» Work instruction: Transcribe the entries below without alteration.

» Stored data:
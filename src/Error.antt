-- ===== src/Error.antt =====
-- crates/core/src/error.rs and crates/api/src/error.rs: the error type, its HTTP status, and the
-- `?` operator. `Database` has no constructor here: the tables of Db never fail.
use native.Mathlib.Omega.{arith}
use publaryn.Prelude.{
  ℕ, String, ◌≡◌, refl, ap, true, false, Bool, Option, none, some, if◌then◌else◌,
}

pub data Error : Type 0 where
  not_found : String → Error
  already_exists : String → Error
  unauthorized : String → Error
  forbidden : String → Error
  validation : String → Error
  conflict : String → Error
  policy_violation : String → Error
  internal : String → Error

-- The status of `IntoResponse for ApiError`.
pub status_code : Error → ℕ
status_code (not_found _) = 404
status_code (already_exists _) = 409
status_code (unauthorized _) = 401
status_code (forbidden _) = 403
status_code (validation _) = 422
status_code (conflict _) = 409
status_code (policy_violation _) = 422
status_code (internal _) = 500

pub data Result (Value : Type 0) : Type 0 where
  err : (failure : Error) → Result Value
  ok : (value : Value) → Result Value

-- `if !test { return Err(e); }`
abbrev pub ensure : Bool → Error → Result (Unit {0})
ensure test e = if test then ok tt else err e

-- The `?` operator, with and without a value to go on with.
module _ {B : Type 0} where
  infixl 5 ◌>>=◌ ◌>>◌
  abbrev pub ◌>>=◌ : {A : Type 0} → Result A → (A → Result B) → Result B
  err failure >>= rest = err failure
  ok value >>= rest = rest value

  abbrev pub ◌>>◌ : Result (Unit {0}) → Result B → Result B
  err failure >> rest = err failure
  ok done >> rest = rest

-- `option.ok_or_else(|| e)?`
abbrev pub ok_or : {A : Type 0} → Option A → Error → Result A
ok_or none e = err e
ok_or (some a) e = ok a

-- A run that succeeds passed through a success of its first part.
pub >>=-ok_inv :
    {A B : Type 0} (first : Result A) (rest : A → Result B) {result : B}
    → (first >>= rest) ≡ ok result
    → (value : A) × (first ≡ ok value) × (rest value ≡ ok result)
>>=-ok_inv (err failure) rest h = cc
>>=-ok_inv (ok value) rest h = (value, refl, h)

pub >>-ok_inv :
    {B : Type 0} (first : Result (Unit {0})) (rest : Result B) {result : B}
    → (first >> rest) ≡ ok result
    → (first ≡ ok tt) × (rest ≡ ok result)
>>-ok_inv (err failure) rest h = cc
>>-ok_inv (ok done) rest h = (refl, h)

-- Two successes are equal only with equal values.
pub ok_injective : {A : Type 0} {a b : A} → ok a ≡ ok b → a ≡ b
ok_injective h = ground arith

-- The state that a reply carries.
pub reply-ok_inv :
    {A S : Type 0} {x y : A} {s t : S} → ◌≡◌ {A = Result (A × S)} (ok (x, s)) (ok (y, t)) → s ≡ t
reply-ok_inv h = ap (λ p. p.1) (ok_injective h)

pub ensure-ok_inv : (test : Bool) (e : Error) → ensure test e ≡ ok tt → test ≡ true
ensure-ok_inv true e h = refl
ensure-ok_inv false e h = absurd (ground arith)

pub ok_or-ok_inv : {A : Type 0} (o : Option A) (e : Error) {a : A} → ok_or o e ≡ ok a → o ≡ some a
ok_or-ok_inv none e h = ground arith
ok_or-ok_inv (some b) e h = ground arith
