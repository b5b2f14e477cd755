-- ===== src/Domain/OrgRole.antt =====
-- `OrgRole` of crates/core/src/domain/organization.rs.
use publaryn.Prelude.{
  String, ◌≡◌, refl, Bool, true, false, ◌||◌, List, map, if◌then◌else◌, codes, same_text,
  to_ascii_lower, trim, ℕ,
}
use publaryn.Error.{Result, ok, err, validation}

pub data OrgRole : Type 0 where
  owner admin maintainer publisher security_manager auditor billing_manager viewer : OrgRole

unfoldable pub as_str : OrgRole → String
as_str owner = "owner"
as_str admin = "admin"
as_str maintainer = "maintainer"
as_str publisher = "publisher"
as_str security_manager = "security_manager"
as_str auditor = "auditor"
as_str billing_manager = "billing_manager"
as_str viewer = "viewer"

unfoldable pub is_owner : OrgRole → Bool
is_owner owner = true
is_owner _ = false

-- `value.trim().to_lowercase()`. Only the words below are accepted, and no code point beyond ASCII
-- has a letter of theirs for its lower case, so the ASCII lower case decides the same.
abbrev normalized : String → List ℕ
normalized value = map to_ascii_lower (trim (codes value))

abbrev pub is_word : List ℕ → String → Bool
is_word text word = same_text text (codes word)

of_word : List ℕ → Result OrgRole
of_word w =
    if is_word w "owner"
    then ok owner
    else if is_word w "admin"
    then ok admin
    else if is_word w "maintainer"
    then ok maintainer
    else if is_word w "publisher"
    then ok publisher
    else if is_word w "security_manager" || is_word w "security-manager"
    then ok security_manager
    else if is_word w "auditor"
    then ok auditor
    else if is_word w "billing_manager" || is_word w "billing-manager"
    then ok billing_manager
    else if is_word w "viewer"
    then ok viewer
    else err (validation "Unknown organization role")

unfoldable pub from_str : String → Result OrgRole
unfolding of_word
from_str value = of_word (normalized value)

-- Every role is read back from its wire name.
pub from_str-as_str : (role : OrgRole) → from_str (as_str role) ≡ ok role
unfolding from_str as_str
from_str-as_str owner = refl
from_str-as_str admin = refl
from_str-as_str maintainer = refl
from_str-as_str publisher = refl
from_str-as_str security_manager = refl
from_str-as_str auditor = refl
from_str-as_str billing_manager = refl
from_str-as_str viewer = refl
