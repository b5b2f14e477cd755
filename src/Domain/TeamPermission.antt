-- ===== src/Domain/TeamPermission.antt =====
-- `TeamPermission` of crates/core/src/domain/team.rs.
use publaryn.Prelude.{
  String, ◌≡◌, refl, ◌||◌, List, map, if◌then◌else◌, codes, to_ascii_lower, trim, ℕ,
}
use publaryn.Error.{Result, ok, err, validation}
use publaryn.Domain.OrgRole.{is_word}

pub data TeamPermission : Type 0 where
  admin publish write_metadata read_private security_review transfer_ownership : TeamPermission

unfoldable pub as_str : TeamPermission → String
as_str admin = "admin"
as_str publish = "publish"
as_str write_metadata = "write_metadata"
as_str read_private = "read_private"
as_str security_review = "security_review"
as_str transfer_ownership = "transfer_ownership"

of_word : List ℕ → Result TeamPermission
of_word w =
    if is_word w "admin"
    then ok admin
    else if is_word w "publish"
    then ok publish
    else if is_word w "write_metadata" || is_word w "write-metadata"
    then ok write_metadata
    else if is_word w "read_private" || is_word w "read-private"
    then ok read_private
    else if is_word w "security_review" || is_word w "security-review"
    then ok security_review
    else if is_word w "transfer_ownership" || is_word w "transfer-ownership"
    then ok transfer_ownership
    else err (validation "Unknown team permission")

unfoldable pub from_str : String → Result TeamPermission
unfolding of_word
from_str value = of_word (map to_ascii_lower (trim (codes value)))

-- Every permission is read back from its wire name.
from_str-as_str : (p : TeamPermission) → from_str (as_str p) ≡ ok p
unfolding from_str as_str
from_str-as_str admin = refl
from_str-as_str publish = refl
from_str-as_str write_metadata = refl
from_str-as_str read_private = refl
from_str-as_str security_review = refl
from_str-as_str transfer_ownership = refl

» Response to the exercise:
filename src/Error.antt
-- ===== src/Error.antt =====
-- crates/core/src/error.rs and crates/api/src/error.rs: the error type, its HTTP status, and the
-- `?` operator. `Database` has no constructor here: the tables of Db never fail.
use native.Mathlib.Omega.{arith}
use publaryn.Prelude.{
  ℕ, String, ◌≡◌, refl, ap, true, false, Bool, Option, none, some, if◌then◌else◌,
}

pub data Error : Type 0 where
  not_found : String → Error
  already_exists : String → Error
  unauthorized : String → Error
  forbidden : String → Error
  validation : String → Error
  conflict : String → Error
  policy_violation : String → Error
  internal : String → Error

-- The status of `IntoResponse for ApiError`.
pub status_code : Error → ℕ
status_code (not_found _) = 404
status_code (already_exists _) = 409
status_code (unauthorized _) = 401
status_code (forbidden _) = 403
status_code (validation _) = 422
status_code (conflict _) = 409
status_code (policy_violation _) = 422
status_code (internal _) = 500

pub data Result (Value : Type 0) : Type 0 where
  err : (failure : Error) → Result Value
  ok : (value : Value) → Result Value

-- `if !test { return Err(e); }`
abbrev pub ensure : Bool → Error → Result (Unit {0})
ensure test e = if test then ok tt else err e

-- The `?` operator, with and without a value to go on with.
module _ {B : Type 0} where
  infixl 5 ◌>>=◌ ◌>>◌
  abbrev pub ◌>>=◌ : {A : Type 0} → Result A → (A → Result B) → Result B
  err failure >>= rest = err failure
  ok value >>= rest = rest value

  abbrev pub ◌>>◌ : Result (Unit {0}) → Result B → Result B
  err failure >> rest = err failure
  ok done >> rest = rest

-- `option.ok_or_else(|| e)?`
abbrev pub ok_or : {A : Type 0} → Option A → Error → Result A
ok_or none e = err e
ok_or (some a) e = ok a

-- A run that succeeds passed through a success of its first part.
pub >>=-ok_inv :
    {A B : Type 0} (first : Result A) (rest : A → Result B) {result : B}
    → (first >>= rest) ≡ ok result
    → (value : A) × (first ≡ ok value) × (rest value ≡ ok result)
>>=-ok_inv (err failure) rest h = cc
>>=-ok_inv (ok value) rest h = (value, refl, h)

pub >>-ok_inv :
    {B : Type 0} (first : Result (Unit {0})) (rest : Result B) {result : B}
    → (first >> rest) ≡ ok result
    → (first ≡ ok tt) × (rest ≡ ok result)
>>-ok_inv (err failure) rest h = cc
>>-ok_inv (ok done) rest h = (refl, h)

-- Two successes are equal only with equal values.
pub ok_injective : {A : Type 0} {a b : A} → ok a ≡ ok b → a ≡ b
ok_injective h = ground arith

-- The state that a reply carries.
pub reply-ok_inv :
    {A S : Type 0} {x y : A} {s t : S} → ◌≡◌ {A = Result (A × S)} (ok (x, s)) (ok (y, t)) → s ≡ t
reply-ok_inv h = ap (λ p. p.1) (ok_injective h)

pub ensure-ok_inv : (test : Bool) (e : Error) → ensure test e ≡ ok tt → test ≡ true
ensure-ok_inv true e h = refl
ensure-ok_inv false e h = absurd (ground arith)

pub ok_or-ok_inv : {A : Type 0} (o : Option A) (e : Error) {a : A} → ok_or o e ≡ ok a → o ≡ some a
ok_or-ok_inv none e h = ground arith
ok_or-ok_inv (some b) e h = ground arith
repository b5b2f14e477cd755
-- ===== src/Domain/OrgRole.antt =====
-- `OrgRole` of crates/core/src/domain/organization.rs.
use publaryn.Prelude.{
  String, ◌≡◌, refl, Bool, true, false, ◌||◌, List, map, if◌then◌else◌, codes, same_text,
  to_ascii_lower, trim, ℕ,
}
use publaryn.Error.{Result, ok, err, validation}

pub data OrgRole : Type 0 where
  owner admin maintainer publisher security_manager auditor billing_manager viewer : OrgRole

unfoldable pub as_str : OrgRole → String
as_str owner = "owner"
as_str admin = "admin"
as_str maintainer = "maintainer"
as_str publisher = "publisher"
as_str security_manager = "security_manager"
as_str auditor = "auditor"
as_str billing_manager = "billing_manager"
as_str viewer = "viewer"

unfoldable pub is_owner : OrgRole → Bool
is_owner owner = true
is_owner _ = false

-- `value.trim().to_lowercase()`. Only the words below are accepted, and no code point beyond ASCII
-- has a letter of theirs for its lower case, so the ASCII lower case decides the same.
abbrev normalized : String → List ℕ
normalized value = map to_ascii_lower (trim (codes value))

abbrev pub is_word : List ℕ → String → Bool
is_word text word = same_text text (codes word)

of_word : List ℕ → Result OrgRole
of_word w =
    if is_word w "owner"
    then ok owner
    else if is_word w "admin"
    then ok admin
    else if is_word w "maintainer"
    then ok maintainer
    else if is_word w "publisher"
    then ok publisher
    else if is_word w "security_manager" || is_word w "security-manager"
    then ok security_manager
    else if is_word w "auditor"
    then ok auditor
    else if is_word w "billing_manager" || is_word w "billing-manager"
    then ok billing_manager
    else if is_word w "viewer"
    then ok viewer
    else err (validation "Unknown organization role")

unfoldable pub from_str : String → Result OrgRole
unfolding of_word
from_str value = of_word (normalized value)

-- Every role is read back from its wire name.
pub from_str-as_str : (role : OrgRole) → from_str (as_str role) ≡ ok role
unfolding from_str as_str
from_str-as_str owner = refl
from_str-as_str admin = refl
from_str-as_str maintainer = refl
from_str-as_str publisher = refl
from_str-as_str security_manager = refl
from_str-as_str auditor = refl
from_str-as_str billing_manager = refl
from_str-as_str viewer = refl
repository b5b2f14e477cd755
filename src/Domain/TeamPermission.antt
-- ===== src/Domain/TeamPermission.antt =====
-- `TeamPermission` of crates/core/src/domain/team.rs.
use publaryn.Prelude.{
  String, ◌≡◌, refl, ◌||◌, List, map, if◌then◌else◌, codes, to_ascii_lower, trim, ℕ,
}
use publaryn.Error.{Result, ok, err, validation}
use publaryn.Domain.OrgRole.{is_word}

pub data TeamPermission : Type 0 where
  admin publish write_metadata read_private security_review transfer_ownership : TeamPermission

unfoldable pub as_str : TeamPermission → String
as_str admin = "admin"
as_str publish = "publish"
as_str write_metadata = "write_metadata"
as_str read_private = "read_private"
as_str security_review = "security_review"
as_str transfer_ownership = "transfer_ownership"

of_word : List ℕ → Result TeamPermission
of_word w =
    if is_word w "admin"
    then ok admin
    else if is_word w "publish"
    then ok publish
    else if is_word w "write_metadata" || is_word w "write-metadata"
    then ok write_metadata
    else if is_word w "read_private" || is_word w "read-private"
    then ok read_private
    else if is_word w "security_review" || is_word w "security-review"
    then ok security_review
    else if is_word w "transfer_ownership" || is_word w "transfer-ownership"
    then ok transfer_ownership
    else err (validation "Unknown team permission")

unfoldable pub from_str : String → Result TeamPermission
unfolding of_word
from_str value = of_word (map to_ascii_lower (trim (codes value)))

-- Every permission is read back from its wire name.
from_str-as_str : (p : TeamPermission) → from_str (as_str p) ≡ ok p
unfolding from_str as_str
from_str-as_str admin = refl
from_str-as_str publish = refl
from_str-as_str write_metadata = refl
from_str-as_str read_private = refl
from_str-as_str security_review = refl
from_str-as_str transfer_ownership = refl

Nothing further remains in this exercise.